● Work required
Retype, word for word, every line from the one holding "Laws.Handled waiting (creates" through the one holding "process_command-Handled waiting clear" in the entries below, both included, and only those lines.

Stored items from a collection
-=-=-=-=-
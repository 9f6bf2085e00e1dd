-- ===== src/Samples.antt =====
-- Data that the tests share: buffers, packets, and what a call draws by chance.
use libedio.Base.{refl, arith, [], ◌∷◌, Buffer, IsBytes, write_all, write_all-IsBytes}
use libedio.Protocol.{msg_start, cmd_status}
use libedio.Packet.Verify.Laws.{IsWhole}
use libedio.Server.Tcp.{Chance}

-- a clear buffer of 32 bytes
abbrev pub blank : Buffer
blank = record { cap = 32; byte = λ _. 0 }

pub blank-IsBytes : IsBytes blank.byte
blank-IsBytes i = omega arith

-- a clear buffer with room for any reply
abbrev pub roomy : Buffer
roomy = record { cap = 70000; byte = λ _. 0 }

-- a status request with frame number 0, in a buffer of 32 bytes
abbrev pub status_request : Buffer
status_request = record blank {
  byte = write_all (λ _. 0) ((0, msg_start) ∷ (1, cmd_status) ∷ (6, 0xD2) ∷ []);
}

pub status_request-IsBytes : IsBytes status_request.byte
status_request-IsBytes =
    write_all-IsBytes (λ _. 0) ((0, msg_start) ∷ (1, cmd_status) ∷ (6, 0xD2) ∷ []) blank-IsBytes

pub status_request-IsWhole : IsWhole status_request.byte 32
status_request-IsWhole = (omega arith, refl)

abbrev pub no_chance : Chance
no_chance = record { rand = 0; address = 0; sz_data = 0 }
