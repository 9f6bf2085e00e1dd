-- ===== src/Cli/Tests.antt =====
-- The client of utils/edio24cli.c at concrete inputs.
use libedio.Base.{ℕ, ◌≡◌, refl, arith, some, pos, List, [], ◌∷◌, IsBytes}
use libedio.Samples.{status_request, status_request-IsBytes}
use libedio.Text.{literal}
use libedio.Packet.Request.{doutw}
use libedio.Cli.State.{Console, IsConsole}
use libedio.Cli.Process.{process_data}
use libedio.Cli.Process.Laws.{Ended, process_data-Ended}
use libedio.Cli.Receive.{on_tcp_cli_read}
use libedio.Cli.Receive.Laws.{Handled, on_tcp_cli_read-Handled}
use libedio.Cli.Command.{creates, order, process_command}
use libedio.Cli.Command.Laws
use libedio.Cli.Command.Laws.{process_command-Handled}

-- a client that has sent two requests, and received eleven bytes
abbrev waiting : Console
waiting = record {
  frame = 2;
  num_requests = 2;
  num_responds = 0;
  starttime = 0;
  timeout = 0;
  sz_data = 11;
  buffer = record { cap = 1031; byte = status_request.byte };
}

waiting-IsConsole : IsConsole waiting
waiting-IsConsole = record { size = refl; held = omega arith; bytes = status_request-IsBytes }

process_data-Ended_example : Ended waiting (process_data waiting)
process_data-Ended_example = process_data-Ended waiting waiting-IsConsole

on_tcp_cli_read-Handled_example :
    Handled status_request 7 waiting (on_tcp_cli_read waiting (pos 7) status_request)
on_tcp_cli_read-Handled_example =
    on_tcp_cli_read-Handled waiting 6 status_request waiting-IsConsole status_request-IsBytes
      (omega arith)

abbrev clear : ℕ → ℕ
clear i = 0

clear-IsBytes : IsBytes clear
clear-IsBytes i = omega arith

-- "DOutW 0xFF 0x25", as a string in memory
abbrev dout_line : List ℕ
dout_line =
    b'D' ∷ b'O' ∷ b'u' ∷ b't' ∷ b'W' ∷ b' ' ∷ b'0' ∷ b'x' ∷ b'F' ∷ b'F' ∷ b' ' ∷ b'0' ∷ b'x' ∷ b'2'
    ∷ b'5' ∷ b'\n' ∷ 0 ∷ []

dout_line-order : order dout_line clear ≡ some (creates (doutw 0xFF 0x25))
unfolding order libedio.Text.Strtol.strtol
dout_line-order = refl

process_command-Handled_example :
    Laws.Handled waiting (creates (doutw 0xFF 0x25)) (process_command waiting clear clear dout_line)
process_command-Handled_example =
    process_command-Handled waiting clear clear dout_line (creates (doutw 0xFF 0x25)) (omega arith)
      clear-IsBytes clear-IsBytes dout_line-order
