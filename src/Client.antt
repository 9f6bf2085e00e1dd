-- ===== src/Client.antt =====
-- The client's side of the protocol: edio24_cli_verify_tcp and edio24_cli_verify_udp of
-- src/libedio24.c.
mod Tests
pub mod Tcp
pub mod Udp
-=-=-=-=-
● Expected answer
    Laws.Handled waiting (creates (doutw 0xFF 0x25)) (process_command waiting clear clear dout_line)
process_command-Handled_example =
    process_command-Handled waiting clear clear dout_line (creates (doutw 0xFF 0x25)) (omega arith)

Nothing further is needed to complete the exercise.